Колюшев перевел дух, потер лысину и достал из ящика стола пачку папирос.

— Заначка. Бросил ведь, а теперь… из-за вас… Послушайте, Антон, как вас, Петрович, что ли. Что же делать-то мне с вами, а?

— Ни черта вам не надо делать. Я сам пойду в журнал и все скажу. То, что там написано, одновременно и правда и вранье. Одни и те же вещи могут выглядеть чисто, а могут грязно. Смотря как о них сказать. Вот я пойду и скажу. Про то, как есть на самом деле.

— Тьфу, аж голова, понимаете, с вами болит. Вы меня послушайте, я на этом месте не одну пару штанов просидел. Слова красивые. Знаешь, как говорит писатель Шекспир? Слова, слова, одни сплошные слова. То-то. Давайте-ка мы лучше так. Я ничего не знаю. Вы подаете мне докладную записку. Мы ведь с вами взрослые люди. Мы понимаем — ну, что особенного случилось? Кстати, уж не твоя ли эта ухажерка, часом, донесла, нет? Может, неладо что у вас, знаешь, как бывает? Ну, ну, не кипятись. Нет так нет. Значит, все в порядке. Значит, и сыр-бор не из-за чего раздувать. Вы меня поняли? Вот и напишите докладную. А дальше — мое дело. И еще один совет. Я в твои личные дела не суюсь, я тебе не поп и не батька, да и мужик ты вообще честный, иначе другой бы разговор был. Только с нынешнего дня все твои жданки-свиданки назначай где-нибудь не ближе Малаховки. Чтобы комар носа не подточил. Понял? Хорошо меня понял? Иди работай.

До начала занятий оставалось немногим больше двух часов. Антон Туринцев провел это время, бесцельно меряя асфальт от Садового кольца до Разгуляя. Первым ощущением его после разговора с Колюшевым была пустота — такая, словно тебя отжали, выкрутили изо всех сил, как сырое белье, порядком смяв при этом. Отжали мысли, желания и ощущение беды тоже, и ничего нет, только шарканье шагов, гул и шелест машин и газетные витрины, возле которых зачем-то останавливаешься, водишь глазами по серым пятнам фотографий, а прочесть и строчки не можешь.

Есть люди, понаторевшие в ничегонеделании. Люди, которых не тяготит любой величины кусок вакуум-времени, которые привычно, со смаком пережевывают ничем не заполненные минуты и часы. Антон же Туринцев принадлежал к той категории довольно скучных (для окружающих, разумеется, скучных) людей, которые абсолютно не умеют скучать. Нельзя сказать, что он любил свое дело. Сказать, что он жил им, — это тоже не то, потому что звучит банально и, в сущности, ничего не означает. «Специалист подобен флюсу» — вот этот афоризм Козьмы Пруткова в точности относится к нему.

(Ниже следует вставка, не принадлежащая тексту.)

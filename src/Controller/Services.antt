-- ===== src/Controller/Services.antt =====
-- src/internal/controller/servicediscovery_controller.go: the labels and annotations, and what
-- `databaseName`, `priority` and `port` read of a Service.
use pg_k8s_proxy.Common.{
  ℕ, zero, suc, ℤ, pos, negsuc, ◌^◌, Bytes, Option, none, some, List, [], ◌∷◌, Bool, true, false,
  ◌||◌, ◌==◌, ltb, Assoc, lookup, bytes_keys, codes, is_empty, text_eq, eq_ℤ, if◌then◌else◌,
}
use pg_k8s_proxy.Api.{IntOrString, int, NamespacedName, name_keys}
use pg_k8s_proxy.Registry.Client.{ServicePort, parse_digits}

abbrev pub managed_by_label : Bytes
managed_by_label = codes "pgproxy.io/managed-by"

abbrev pub managed_by_service_discovery : Bytes
managed_by_service_discovery = codes "service-discovery"

abbrev pub source_service_label : Bytes
source_service_label = codes "pgproxy.io/source-service"

abbrev pub port_annotation : Bytes
port_annotation = codes "pgproxy.io/port"

abbrev pub priority_annotation : Bytes
priority_annotation = codes "pgproxy.io/priority"

abbrev pub ignore_annotation : Bytes
ignore_annotation = codes "pgproxy.io/ignore"

-- `corev1.Service`, the fields that are read.
pub record Service : Type 0 where
  pub key : NamespacedName
  pub uid : Bytes
  pub labels : Assoc Bytes Bytes
  pub annotations : Assoc Bytes Bytes
  pub ports : List ServicePort
  pub deleting : Bool

-- `m[k]` of a map of strings, with the zero value for a key that is missing.
abbrev pub value_of : Assoc Bytes Bytes → Bytes → Bytes
value_of m k = elim (lookup k m) [ none ↦ [] | some v ↦ v ]

-- A magnitude with its sign, if it is an int32.
abbrev pub int32_of : Bool → ℕ → Option ℤ
int32_of true zero = some (pos 0)
int32_of true (suc n) = if ltb n (2 ^ 31) then some (negsuc n) else none
int32_of false n = if ltb n (2 ^ 31) then some (pos n) else none

abbrev pub parse_magnitude : Bool → Bytes → Option ℤ
parse_magnitude negative digits =
    if is_empty digits
    then none
    else elim (parse_digits 0 digits) [ none ↦ none | some n ↦ int32_of negative n ]

-- `strconv.ParseInt(s, 10, 32)`.
unfoldable pub parse_int32 : Bytes → Option ℤ
parse_int32 [] = none
parse_int32 (c ∷ cs) =
    if c == b'-'
    then parse_magnitude true cs
    else if c == b'+'
    then parse_magnitude false cs
    else parse_magnitude false (c ∷ cs)

-- -100.
abbrev pub discovered_route_priority : ℤ
discovered_route_priority = negsuc 99

unfoldable pub database_name : Bytes → Service → Bytes
database_name annotation svc =
    let name = value_of svc.annotations annotation in if is_empty name then svc.key.name else name

unfoldable pub priority : Service → ℤ
priority svc = elim (lookup priority_annotation svc.annotations) [
  | none ↦ discovered_route_priority
  | some raw ↦ elim (parse_int32 raw) [ none ↦ discovered_route_priority | some n ↦ n ]
]

abbrev pub is_postgres_name : Bytes → Bool
is_postgres_name name = text_eq name (codes "postgresql") || text_eq name (codes "postgres")

-- The two loops of `port`, and its last resort.
unfoldable pub postgres_port : List ServicePort → Option ℤ
postgres_port [] = none
postgres_port (p ∷ ps) = if is_postgres_name p.name then some p.port else postgres_port ps

unfoldable pub has_5432 : List ServicePort → Bool
has_5432 [] = false
has_5432 (p ∷ ps) = if eq_ℤ p.port (pos 5432) then true else has_5432 ps

abbrev pub sole_port : List ServicePort → ℤ
sole_port (p ∷ []) = p.port
sole_port _ = pos 5432

unfoldable pub chosen_port : List ServicePort → ℤ
chosen_port ports = elim (postgres_port ports) [
  | some n ↦ n
  | none ↦ if has_5432 ports then pos 5432 else sole_port ports
]

unfoldable pub port : (Bytes → IntOrString) → Service → IntOrString
port parse svc =
    let raw = value_of svc.annotations port_annotation in
    if is_empty raw then int (chosen_port svc.ports) else parse raw

-- `DefaultDatabaseAnnotation`.
abbrev pub database_annotation_default : Bytes
database_annotation_default = codes "pgproxy.io/database-name"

Бывая, скажем, в балете — а он изрядную долю зарплаты тратил на балет и сидел, как правило, на дорогих местах, в первых рядах партера, — так вот, смотря спектакль, он привычно, уже механически примечал, что из увиденного, очень красивого и изящного, но для него не только изящного, а и технически обоснованного, можно записать или зарисовать в антракте в свою книжечку, над чем стоит подумать. Скажем, как работает голеностопный сустав у прима-балерины, когда, пролетев над сценой в высоком затяжном прыжке, она вонзает в пол свой тренированный носок. Слушая в консерватории симфоническую музыку, он прикрывал глаза, чтобы представить себе, какая линия движения может соответствовать этой музыке, и качал головой из стороны в сторону, изрядно мешая сидящим позади. Встречая на улице какую-нибудь особенно стройную и длинноногую, он часто поражался несовершенству ее походки, грубости и неуклюжести движений и старался придумать для нее цепочку упражнений, долженствующих выявить, освободить от повседневных наслоений данное от природы. Короче говоря, Антон был из тех, кого в спорте несколько иронически величают «профессорами», грубее — «фанатами», изящнее — «психами». Эти «профессора» и «психи» поначалу экспериментируют над собой, и из них самих редко выходят спортсмены большого класса. В них слишком много заданности, им не хватает порыва, вдохновения, что ли, и в своих заумных поисках они, бывает, рвут связки на ногах, выворачивают суставы — вообще, как говорится, допрыгиваются. Но тренеры из таких людей получаются. И неплохие тренеры.